Required work – Scan the data below for lines holding the word "true", and copy each line found.

Information given –
-- ===== src/Snprintf/Rounds.antt =====
-- A round of `snprintf` writes in its buffer only.
use doomkernel.Prelude.{
  ℕ, ◌+◌, ◌-◌, ◌%◌, ◌^◌, ◌≤◌, ◌<◌, ◌≡◌, ◌⊎◌, inl, inr, refl, ◌∙◌, true, not, ◌&&◌, Bool-cases, List,
  [], ◌∷◌, ltb, ◌==◌, length, take, drop, length-take, length-drop, arith,
}
use doomkernel.Prelude.Int.{pos, negsuc}
use doomkernel.Memory.{Memory, add64, store8}
use doomkernel.Memory.Laws.{store8_self, store8_ne}
use doomkernel.Printf.{Arg, word, text, next_char}
use doomkernel.Snprintf.{
  narrow, as_int, write_to_buffer, Answer, answer, unspecified, Round, ended, goes_on, bounded_run,
  give_up, put_text, put_plain, put_char, put_string, put_directive, finish_text, snprintf_step,
}

pub narrow_lem : (n : ℕ) → n < 2 ^ 31 → narrow n ≡ n
unfolding narrow
narrow_lem n h = ground arith

pub as_int_lem : (n : ℕ) → n < 2 ^ 31 → as_int n ≡ pos n
unfolding as_int
as_int_lem n h = let low : ltb n (2 ^ 63) ≡ true = ground arith in rw low refl

-- `m'` differs from `m` at most in the `n` bytes from `a` on
abbrev pub Within : ℕ → ℕ → Memory → Memory → Type 0
Within a n m m' = (b : ℕ) → (b < a) ⊎ (a + n ≤ b) → m' b ≡ m b

pub Within-trans : (a n : ℕ) (m g k : Memory) → Within a n m g → Within a n g k → Within a n m k
Within-trans a n m g k s t = λ b h. t b h ∙ s b h

store8-Within : (a n : ℕ) (m : Memory) (i v : ℕ) → i < n → Within a n m (store8 m (a + i) v)
store8-Within a n m i v h = λ b out. store8_ne m (a + i) v b (λ e. absurd (omega (arith, e, out)))

pub write_to_buffer_outside :
    (m : Memory) (a : ℕ) (bytes : List ℕ) → Within a (length bytes) m (write_to_buffer m a bytes)
unfolding write_to_buffer
write_to_buffer_outside m a [] = λ b out. refl
write_to_buffer_outside m a (c ∷ bytes) = λ b out.
    write_to_buffer_outside (store8 m a c) (a + 1) bytes b (omega arith)
    ∙ store8_ne m a c b (λ e. absurd (omega (arith, e, out)))

write_to_buffer-Within :
    (a n : ℕ) (m : Memory) (i : ℕ) (bytes : List ℕ)
    → i + length bytes ≤ n
    → Within a n m (write_to_buffer m (a + i) bytes)
write_to_buffer-Within a n m i bytes h =
    λ b out. write_to_buffer_outside m (a + i) bytes b (omega arith)

-- an answer that has changed the `value` bytes of the buffer at most, with a NUL in it: behind the
-- text that is counted, or at some place when -1 is returned
abbrev pub Safe : ℕ → ℕ → Memory → Answer → Type 0
Safe buffer value m (answer m' (pos n)) =
    Within buffer value m m' × (n < value) × (m' (buffer + n) ≡ 0)
Safe buffer value m (answer m' (negsuc k)) =
    Within buffer value m m' × (n : ℕ) × (n < value) × (m' (buffer + n) ≡ 0)
Safe buffer value m unspecified = Unit

module _ (buffer limit : ℕ) where
  -- a round ends safely, or it goes on in the buffer with less of the format
  abbrev pub SafeRound : Memory → List ℕ → Round → Type 0
  SafeRound m format (ended a) = Safe buffer (limit + 1) m a
  SafeRound m format (goes_on m' written' format' args') =
      Within buffer (limit + 1) m m' × (written' ≤ limit) × (length format' < length format)

module _ (buffer limit : ℕ) (range : buffer + limit < 2 ^ 64) (small : limit < 2 ^ 31) (m : Memory)
    (written : ℕ) (h : written ≤ limit) (whole : List ℕ) where
  at_written : add64 buffer written ≡ buffer + written
  at_written = omega arith

  give_up-SafeRound : SafeRound buffer limit m whole (give_up buffer limit m written)
  unfolding give_up
  give_up-SafeRound = rw at_written (
    store8-Within buffer (limit + 1) m written 0 (omega arith),
    written,
    omega arith,
    store8_self m (buffer + written) 0,
  )

  finish_text-SafeRound : SafeRound buffer limit m whole (finish_text buffer limit m written)
  unfolding finish_text
  finish_text-SafeRound =
      rw (at_written, as_int_lem written (omega arith))
        (
          store8-Within buffer (limit + 1) m written 0 (omega arith),
          omega arith,
          store8_self m (buffer + written) 0,
        )

  put_text-SafeRound :
      (bytes format : List ℕ) (args : List Arg)
      → length format < length whole
      → SafeRound buffer limit m whole (put_text buffer limit m written bytes format args)
  unfolding put_text
  put_text-SafeRound bytes format args less =
      elim (Bool-cases (ltb (limit - written) (length bytes))) [
        | inl e ↦ rw e give_up-SafeRound
        | inr e ↦
            let fits : written + length bytes ≤ limit = ground (arith, e) in
            rw (e, at_written, narrow_lem (written + length bytes) (omega arith))
              (write_to_buffer-Within buffer (limit + 1) m written bytes (omega arith), fits, less)
      ]

bounded_run-least : (limit amount : ℕ) (format : List ℕ) → amount ≤ bounded_run limit amount format
unfolding bounded_run
bounded_run-least limit amount [] = omega arith
bounded_run-least limit amount (c ∷ format) =
    elim (Bool-cases (not (c == b'%') && ltb amount limit)) [
      | inl e ↦ rw e (omega (arith, bounded_run-least limit (amount + 1) format))
      | inr e ↦ rw e (omega arith)
    ]

module _ (buffer limit : ℕ) (range : buffer + limit < 2 ^ 64) (small : limit < 2 ^ 31) (m : Memory)
    (written : ℕ) (h : written ≤ limit) where
  abbrev Keeps : List ℕ → Round → Type 0
  Keeps whole r = SafeRound buffer limit m whole r

  put_plain-SafeRound :
      (whole : List ℕ) (c : ℕ) (format : List ℕ) (args : List Arg)
      → length (c ∷ format) ≤ length whole
      → Keeps whole (put_plain buffer limit m written (c ∷ format) args)
  unfolding put_plain
  put_plain-SafeRound whole c format args less =
      let amount = bounded_run limit 1 format in
      let least = bounded_run-least limit 1 format in
      elim (Bool-cases (ltb (limit - written) amount)) [
        | inl e ↦ rw e (give_up-SafeRound buffer limit range small m written h whole)
        | inr e ↦
            let fits : written + amount ≤ limit = ground (arith, e) in
            let here = at_written buffer limit range small m written h whole in
            rw (e, here, narrow_lem (written + amount) (omega arith))
              (
                write_to_buffer-Within buffer (limit + 1) m written (take amount (c ∷ format))
                    (omega (arith, fits, length-take amount (c ∷ format))),
                fits,
                omega (arith, length-drop amount (c ∷ format), least, less),
              )
      ]

  put_char-SafeRound :
      (whole format : List ℕ) (args : List Arg)
      → length format < length whole
      → Keeps whole (put_char buffer limit m written format args)
  unfolding put_char
  put_char-SafeRound whole format [] less = tt
  put_char-SafeRound whole format (text s ∷ args) less = tt
  put_char-SafeRound whole format (word w ∷ args) less = elim (Bool-cases (limit - written == 0)) [
    | inl e ↦ rw e (give_up-SafeRound buffer limit range small m written h whole)
    | inr e ↦
        let fits : written + 1 ≤ limit = ground (arith, e) in
        let here = at_written buffer limit range small m written h whole in
        rw (e, here, narrow_lem (written + 1) (omega arith))
          (
            write_to_buffer-Within buffer (limit + 1) m written (w % 256 ∷ []) (omega arith),
            fits,
            less,
          )
  ]

  put_string-SafeRound :
      (whole format : List ℕ) (args : List Arg)
      → length format < length whole
      → Keeps whole (put_string buffer limit m written format args)
  unfolding put_string
  put_string-SafeRound whole format [] less = tt
  put_string-SafeRound whole format (word w ∷ args) less = tt
  put_string-SafeRound whole format (text s ∷ args) less =
      put_text-SafeRound buffer limit range small m written h whole s format args less

  put_directive-SafeRound :
      (c : ℕ) (format : List ℕ) (args : List Arg)
      → Keeps (c ∷ format) (put_directive buffer limit m written format args)
  unfolding put_directive
  put_directive-SafeRound c format args =
      let less : length (drop 1 format) < length (c ∷ format) =
        omega (arith, length-drop 1 format) in
      elim (Bool-cases (next_char format == b'c')) [
        | inl e ↦ rw e (put_char-SafeRound (c ∷ format) (drop 1 format) args less)
        | inr e ↦ elim (Bool-cases (next_char format == b's')) [
          | inl f ↦ rw (e, f) (put_string-SafeRound (c ∷ format) (drop 1 format) args less)
          | inr f ↦
              rw (e, f)
                (put_text-SafeRound buffer limit range small m written h (c ∷ format)
                  (b'%' ∷ format) [] args (omega arith))
        ]
      ]

  percent-SafeRound :
      (c : ℕ) (format : List ℕ) (args : List Arg)
      → (next_char format == b'%') ≡ true
      → Keeps (c ∷ format) (put_plain buffer limit m written format args)
  percent-SafeRound c [] args e = absurd (ground (arith, e))
  percent-SafeRound c (d ∷ format) args e =
      put_plain-SafeRound (c ∷ d ∷ format) d format args (omega arith)

  pub snprintf_step-SafeRound :
      (format : List ℕ) (args : List Arg)
      → Keeps format (snprintf_step buffer limit m written format args)
  unfolding snprintf_step
  snprintf_step-SafeRound [] args = finish_text-SafeRound buffer limit range small m written h []
  snprintf_step-SafeRound (c ∷ format) args = elim (Bool-cases (ltb written limit)) [
    | inr e ↦ rw e (finish_text-SafeRound buffer limit range small m written h (c ∷ format))
    | inl e ↦ elim (Bool-cases (c == b'%')) [
      | inr f ↦ rw (e, f) (put_plain-SafeRound (c ∷ format) c format args (omega arith))
      | inl f ↦ elim (Bool-cases (next_char format == b'%')) [
        | inl g ↦ rw (e, f, g) (percent-SafeRound c format args g)
        | inr g ↦ rw (e, f, g) (put_directive-SafeRound c format args)
      ]
    ]
  ]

Solved problem –
  ℕ, ◌+◌, ◌-◌, ◌%◌, ◌^◌, ◌≤◌, ◌<◌, ◌≡◌, ◌⊎◌, inl, inr, refl, ◌∙◌, true, not, ◌&&◌, Bool-cases, List,
as_int_lem n h = let low : ltb n (2 ^ 63) ≡ true = ground arith in rw low refl
      → (next_char format == b'%') ≡ true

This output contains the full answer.